Wendy Vardaman

In Issue 2 on November 1, 2008 at 11:36 am

Mother Contemplates Paradise

Walk into winter dazzle, sun-light
bouncing off every blank and blanketed object,
listen to traffic’s intensified roar,
each particulate car
part of the total stream, like blown
flakes that saturate this blue-sky air;
they’re everywhere: the storm
that echoes beyond the storm’s life.
Wind whips loose edges of thin
pants that do nothing sub-zero
to stand between blade and skin.
It’s all a blur—sound, sight,
sense—except for this: one dry
leaf cartwheeling over drifts, and one
wheel chair making slow but steady
progress across the wide street.
This wind passes through that body
too, gathers to powder
us both into a million snow-bright particles
dispersed with no particular care,
to release what, if anything, remains:
puff that joins the hurricane.

Wendy Vardaman, Madison, WI, has a Ph.D. in English from University of Pennsylvania.
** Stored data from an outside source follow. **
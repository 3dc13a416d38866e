-- ===== src/Pipeline/Executor/Workers/Termination.antt =====
-- Every run of src/pipeline/pipeline_executor.cpp whose threads were started comes to an end.
use io_uring_async_load_proc.Prelude.{
  ℕ, ◌+◌, ◌*◌, ◌≤◌, ◌<◌, ◌≡◌, refl, subst, inl, inr, true, ◌&&◌, Option, none, some, List, [], ◌∷◌,
  length, arith, Option-cases,
}
use io_uring_async_load_proc.Config.{PipelineConfig}
use io_uring_async_load_proc.Pipeline.Executor.{finish_run}
use io_uring_async_load_proc.Pipeline.SpscQueue.{SpscQueue}
use io_uring_async_load_proc.Pipeline.Channel.{Channel, Status}
use io_uring_async_load_proc.Pipeline.Executor.Workers.State.{
  Item, Environment, Thread, RunCounters,
}
use io_uring_async_load_proc.Pipeline.Executor.Workers.Loops.{step, run_workers, start_workers}
use io_uring_async_load_proc.Pipeline.Executor.Workers.Queues.{
  channel_calls, spsc_calls, join_workers, is_over,
}
use io_uring_async_load_proc.Pipeline.Executor.Workers.Moves.{ChannelRun}
use io_uring_async_load_proc.Pipeline.Executor.Workers.Steps.{step-Moves}
use io_uring_async_load_proc.Pipeline.Executor.Workers.Invariant.{IsSound, Moves-IsSound}
use io_uring_async_load_proc.Pipeline.Executor.Workers.Refine.{
  SameStep, waits, steps, step-Same, run_workers-Same,
}
use io_uring_async_load_proc.Pipeline.Executor.Workers.Same.{QueueRun, with_queues}
use io_uring_async_load_proc.Pipeline.Executor.Workers.Measure.{
  EndsAt, steps_left, run_workers-steps_left,
}
use io_uring_async_load_proc.Pipeline.Executor.Workers.Progress.{Stuck-over}
use io_uring_async_load_proc.Pipeline.Executor.Workers.Waits.{Responds}
use io_uring_async_load_proc.Pipeline.SpscQueue.View.{Represents}

abbrev pub new_channel : PipelineConfig → Channel Item
new_channel c = record { items = []; status = Status.opened; limit = c.queue_depth }

-- The queues as the constructor makes them, with a depth gauge or without.
pub record Started (c : PipelineConfig) (q q' : SpscQueue Item) : Type 0 where
  pub some_buffers : 0 < c.max_inflight_buffers
  pub some_depth : 0 < c.queue_depth
  pub read_queue : Represents q (new_channel c)
  pub write_queue : Represents q' (new_channel c)

module _ (c : PipelineConfig) (e : Environment) where
  start-IsSound :
      (q q' : Channel Item) (stages : e.Stages) (output : e.File) (counters : Option RunCounters)
      → q ≡ new_channel c
      → q' ≡ new_channel c
      → IsSound c e (start_workers channel_calls c e q q' stages output counters)
  unfolding start_workers
  start-IsSound q q' stages output counters p p' = ground arith

  pub run_workers-IsSound :
      (ts : List Thread) (s s' : ChannelRun c e)
      → IsSound c e s
      → run_workers channel_calls c e ts s ≡ some s'
      → IsSound c e s'
  unfolding run_workers
  run_workers-IsSound [] s s' v h = let same : s ≡ s' = cc in subst (IsSound c e) same v
  run_workers-IsSound (t ∷ ts) s s' v h = elim (Option-cases (step channel_calls c e t s)) [
    | inl stuck ↦ absurd (ground arith)
    | inr (s₁, stepped) ↦
        run_workers-IsSound ts s₁ s' (Moves-IsSound c e (step-Moves c e s t s₁ stepped) v)
          (ground arith)
  ]

  module _ (q q' : SpscQueue Item) (stages : e.Stages) (output : e.File)
      (counters : Option RunCounters) (started : Started c q q') where
    abbrev pub channel_start : ChannelRun c e
    channel_start =
        with_queues c e (start_workers spsc_calls c e q q' stages output counters) (new_channel c)
          (new_channel c)

    run-Same :
        (ts : List Thread)
        → SameStep c e
            (run_workers spsc_calls c e ts
              (start_workers spsc_calls c e q q' stages output counters))
            (run_workers channel_calls c e ts channel_start)
    unfolding start_workers
    run-Same ts = run_workers-Same c e ts _ _ _ started.read_queue started.write_queue

    pub channel_start-IsSound : IsSound c e channel_start
    unfolding start_workers
    channel_start-IsSound = start-IsSound _ _ stages output counters refl refl

    -- The threads over the channels, in the place of those over the buffers.
    pub reached :
        (ts : List Thread) (s : QueueRun c e)
        → run_workers spsc_calls c e ts (start_workers spsc_calls c e q q' stages output counters)
          ≡ some s
        → (k k' : Channel Item) × Represents s.read_to_process k
          × Represents s.process_to_write k'
          × (run_workers channel_calls c e ts channel_start ≡ some (with_queues c e s k k'))
    reached ts s h = same _ _ (run-Same ts) h
      where
        same :
            (n : Option (QueueRun c e)) (m : Option (ChannelRun c e))
            → SameStep c e n m
            → n ≡ some s
            → (k k' : Channel Item) × Represents s.read_to_process k
              × Represents s.process_to_write k'
              × (m ≡ some (with_queues c e s k k'))
        same _ _ waits h = cc
        same _ _ (steps s₁ k k' r r') h =
            let eq : s₁ ≡ s = cc in
            subst
              (λ t.
                (l l' : Channel Item) × Represents t.read_to_process l
                × Represents t.process_to_write l'
                × (some (with_queues c e s₁ k k') ≡ some (with_queues c e t l l')))
              eq (k, k', r, r', refl)

    stuck-Same :
        (s : QueueRun c e) (k k' : Channel Item) (t : Thread)
        → Represents s.read_to_process k
        → Represents s.process_to_write k'
        → step spsc_calls c e t s ≡ none
        → step channel_calls c e t (with_queues c e s k k') ≡ none
    stuck-Same s k k' t r r' h = same _ _ (step-Same c e t s k k' r r') h
      where
        same :
            (n : Option (QueueRun c e)) (m : Option (ChannelRun c e))
            → SameStep c e n m
            → n ≡ none
            → m ≡ none
        same _ _ waits h = refl
        same _ _ (steps s₁ k k' r r') h = cc

    over-returned :
        (s : ChannelRun c e)
        → IsSound c e s
        → is_over s.reader && (is_over s.processor && is_over s.writer) ≡ true
        → (s.available ≡ c.max_inflight_buffers)
          × (length s.read_to_process.items ≡ 0)
          × (length s.process_to_write.items ≡ 0)
    over-returned s v over = ground arith

    -- When no thread can take a step, all are over.
    pub stuck-over :
        (ts : List Thread) (s : QueueRun c e)
        → Responds e
        → run_workers spsc_calls c e ts (start_workers spsc_calls c e q q' stages output counters)
          ≡ some s
        → ((t : Thread) → step spsc_calls c e t s ≡ none)
        → is_over s.reader && (is_over s.processor && is_over s.writer) ≡ true
    stuck-over ts s responds h stuck =
        let (k, k', r, r', ran) = reached ts s h in
        let v = run_workers-IsSound ts channel_start _ channel_start-IsSound ran in
        Stuck-over c e responds (with_queues c e s k k') v started.some_buffers started.some_depth
          (λ t. stuck-Same s k k' t r r' (stuck t))

    -- Start the three threads on fresh queues, with at least one buffer, and let them take steps in
    -- any order. If the reads and writes of the operating system return, whether well or with an
    -- error, then a state in which no thread can take a step is one in which all three are over, so
    -- that `run` joins them: it returns the result, or throws the first failure if there was one.
    -- Every buffer is then back in the pool, and both queues are empty.
    pub stuck-Joined :
        (ts : List Thread) (s : QueueRun c e)
        → Responds e
        → run_workers spsc_calls c e ts (start_workers spsc_calls c e q q' stages output counters)
          ≡ some s
        → ((t : Thread) → step spsc_calls c e t s ≡ none)
        → (join_workers s ≡ some (finish_run s.first_failure s.result))
          × (s.available ≡ c.max_inflight_buffers)
          × (s.read_to_process.size ≡ 0)
          × (s.process_to_write.size ≡ 0)
    unfolding join_workers
    stuck-Joined ts s responds h stuck =
        let (k, k', r, r', ran) = reached ts s h in
        let v = run_workers-IsSound ts channel_start _ channel_start-IsSound ran in
        let over = stuck-over ts s responds h stuck in
        let (free, no_reads, no_writes) = over-returned (with_queues c e s k k') v over in
        (
          ground arith,
          free,
          omega (arith, r.same_size, no_reads),
          omega (arith, r'.same_size, no_writes),
        )

    -- If no read gives bytes from behind the end of an input of `size` bytes, the three threads take
    -- at most ten steps for each byte of the input and 21 more, in whatever order and whatever fails.
    pub run_workers-bounded :
        (size : ℕ) (ts : List Thread) (s : QueueRun c e)
        → EndsAt e size
        → run_workers spsc_calls c e ts (start_workers spsc_calls c e q q' stages output counters)
          ≡ some s
        → length ts ≤ 10 * size + 21
    unfolding start_workers steps_left
    run_workers-bounded size ts s ends h =
        let (k, k', r, r', ran) = reached ts s h in
        omega (arith, run_workers-steps_left c e size ts channel_start _ ends ran)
Her poems, reviews, and interviews have appeared in a variety of anthologies and journals, including Riffing on Strings, Letters to the World, Poet Lore, Poemeleon, qarrtsiluni, Main Street Rag, Nerve Cowboy, damselfly,Free Verse, Wisconsin People &Ideas, Women’s Review of Books, Rain Taxi Review, and Portland Review. When not writing, she home schools two of her three children and works at the children’s theater, Young Shakespeare Players.